Desde el pasado domingo 19 de julio se registran intensos combates por el control territorial en el corregimiento de Campo Dos. Las confrontaciones armadas mantienen paralizado el transporte público, suspendieron por completo las actividades comerciales cotidianas y obligaron al cierre de las instituciones educativas del sector.

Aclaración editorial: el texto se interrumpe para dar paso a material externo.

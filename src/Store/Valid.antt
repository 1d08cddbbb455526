-- ===== src/Store/Valid.antt =====
-- crates/santi-db/src/adapter/standalone: what every reachable state of the store satisfies, and
-- the operations that leave entries, turns and counters as they are.
use santi.Base.{
  ℕ, ◌-◌, ◌≤◌, ◌<◌, String, ◌≡◌, refl, ap, sym, subst, some, List, any, find_by, Bool-cases,
  Option-cases, inl, inr, In,
}
use santi.Base.Exec.{Result, Result-cases}
use santi.Model.Error.{Error}
use santi.Model.Session.{Turn}
use santi.Store.{Db, SoulSessionRow}
use santi.Store.Mapping.{content_to_text}
use santi.Store.Sessions.{
  has_id, create_session, set_session_memory, AppendSessionMessage, append_message,
  ApplyMessageEvent, store_message_event, get_session_memory, conflicts,
}
use santi.Store.Appends.{append_message-outcome, append_message-refused, row_for}
use santi.Store.Events.{store_message_event-EventOutcome}
use santi.Store.Effects.{
  CreateSessionEffect, create_effect, UpdateSessionEffect, update_effect, has_key, has_effect_id,
}
use santi.Store.Counters.{Numbered, next_in}

-- A turn starts at or before the last number that its soul session has given out, and ends at or
-- after its start.
abbrev pub InOrder : List SoulSessionRow → Turn → Type 0
InOrder rows t =
    (t.base_soul_session_seq ≤ next_in t.soul_session_id rows - 1)
    × ((e : ℕ) → t.end_soul_session_seq ≡ some e → t.base_soul_session_seq ≤ e)

abbrev pub TurnsInOrder : Db → Type 0
TurnsInOrder s = (t : Turn) → In t s.turns → InOrder s.soul_sessions t

abbrev pub Valid : Db → Type 0
Valid s = Numbered s × TurnsInOrder s

-- An action that leaves entries, turns and soul sessions as they are.
abbrev pub Untouched : Db → Db → Type 0
Untouched s s' = (s'.items ≡ s.items) × (s'.turns ≡ s.turns) × (s'.soul_sessions ≡ s.soul_sessions)

abbrev pub Leaves : {A : Type 0} → Db → Result Error A × Db → Type 0
Leaves s (r, s') = Untouched s s'

pub Untouched-Valid : (s s' : Db) → Untouched s s' → Valid s → Valid s'
Untouched-Valid s s' (i, t, r) (n, o) = (
  λ e j.
      subst (λ rows. e.soul_session_seq < next_in e.soul_session_id rows) (sym r)
        (n e (subst (In e) i j)),
  λ e j.
      let (b, g) = o e (subst (In e) t j) in
      (subst (λ rows. e.base_soul_session_seq ≤ next_in e.soul_session_id rows - 1) (sym r) b, g),
)

pub create_session-Untouched : (id : String) (s : Db) → Leaves s (create_session id s)
unfolding create_session
create_session-Untouched id s = elim (Bool-cases (any (has_id id) s.sessions)) [
  | inl e ↦ rw e (refl, refl, refl)
  | inr e ↦ rw e (refl, refl, refl)
]

pub set_session_memory-Untouched :
    (id memory : String) (s : Db) → Leaves s (set_session_memory id memory s)
unfolding set_session_memory get_session_memory
set_session_memory-Untouched id memory s = elim (Bool-cases (any (has_id id) s.sessions)) [
  | inl e ↦ rw e (refl, refl, refl)
  | inr e ↦ rw e (refl, refl, refl)
]

pub append_message-Untouched :
    (input : AppendSessionMessage) (s : Db) → Leaves s (append_message input s)
append_message-Untouched input s = elim (Result-cases (content_to_text input.content)) [
  | inr (f, e) ↦ rw (append_message-refused input s f e) (refl, refl, refl)
  | inl (text, e) ↦
      rw (append_message-outcome input s text e)
        elim (Bool-cases (any (has_id input.session_id) s.sessions)) [
          | inr a ↦ rw a (refl, refl, refl)
          | inl a ↦
              elim (Bool-cases (
                any (conflicts input.message_id input.session_id (row_for input s text).session_seq)
                  s.session_messages)) [
                    | inl b ↦ rw (a, b) (refl, refl, refl)
                    | inr b ↦ rw (a, b) (refl, refl, refl)
                  ]
        ]
]

pub create_effect-Untouched :
    (input : CreateSessionEffect) (s : Db) → Leaves s (create_effect input s)
unfolding create_effect
create_effect-Untouched input s =
    elim (Option-cases
      (find_by (has_key input.session_id input.effect_type input.idempotency_key) s.effects)) [
        | inr (x, e) ↦ rw e (refl, refl, refl)
        | inl e ↦ elim (Bool-cases (any (has_effect_id input.effect_id) s.effects)) [
          | inl f ↦ rw (e, f) (refl, refl, refl)
          | inr f ↦ rw (e, f) (refl, refl, refl)
        ]
      ]

pub update_effect-Untouched :
    (input : UpdateSessionEffect) (s : Db) → Leaves s (update_effect input s)
unfolding update_effect
update_effect-Untouched input s = (refl, refl, refl)

pub store_message_event-Untouched :
    (input : ApplyMessageEvent) (s : Db) → Leaves s (store_message_event input s)
store_message_event-Untouched input s = elim (store_message_event-EventOutcome input s) [
  | inl (m, e, stored) ↦ (
    ap (λ x. x.items) stored.written,
    ap (λ x. x.turns) stored.written,
    ap (λ x. x.soul_sessions) stored.written,
  )
  | inr (f, e, h) ↦ (ap (λ x. x.items) h, ap (λ x. x.turns) h, ap (λ x. x.soul_sessions) h)
]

Daños a viviendas y desabastecimiento de agua
Las comunidades de Campo Dos denunciaron públicamente graves afectaciones estructurales en sus hogares debido al impacto de los proyectiles. La situación más crítica se presenta en el acueducto del corregimiento, el cual sufrió daños severos que afectarán de manera prolongada el suministro de agua potable para cientos de familias de la zona.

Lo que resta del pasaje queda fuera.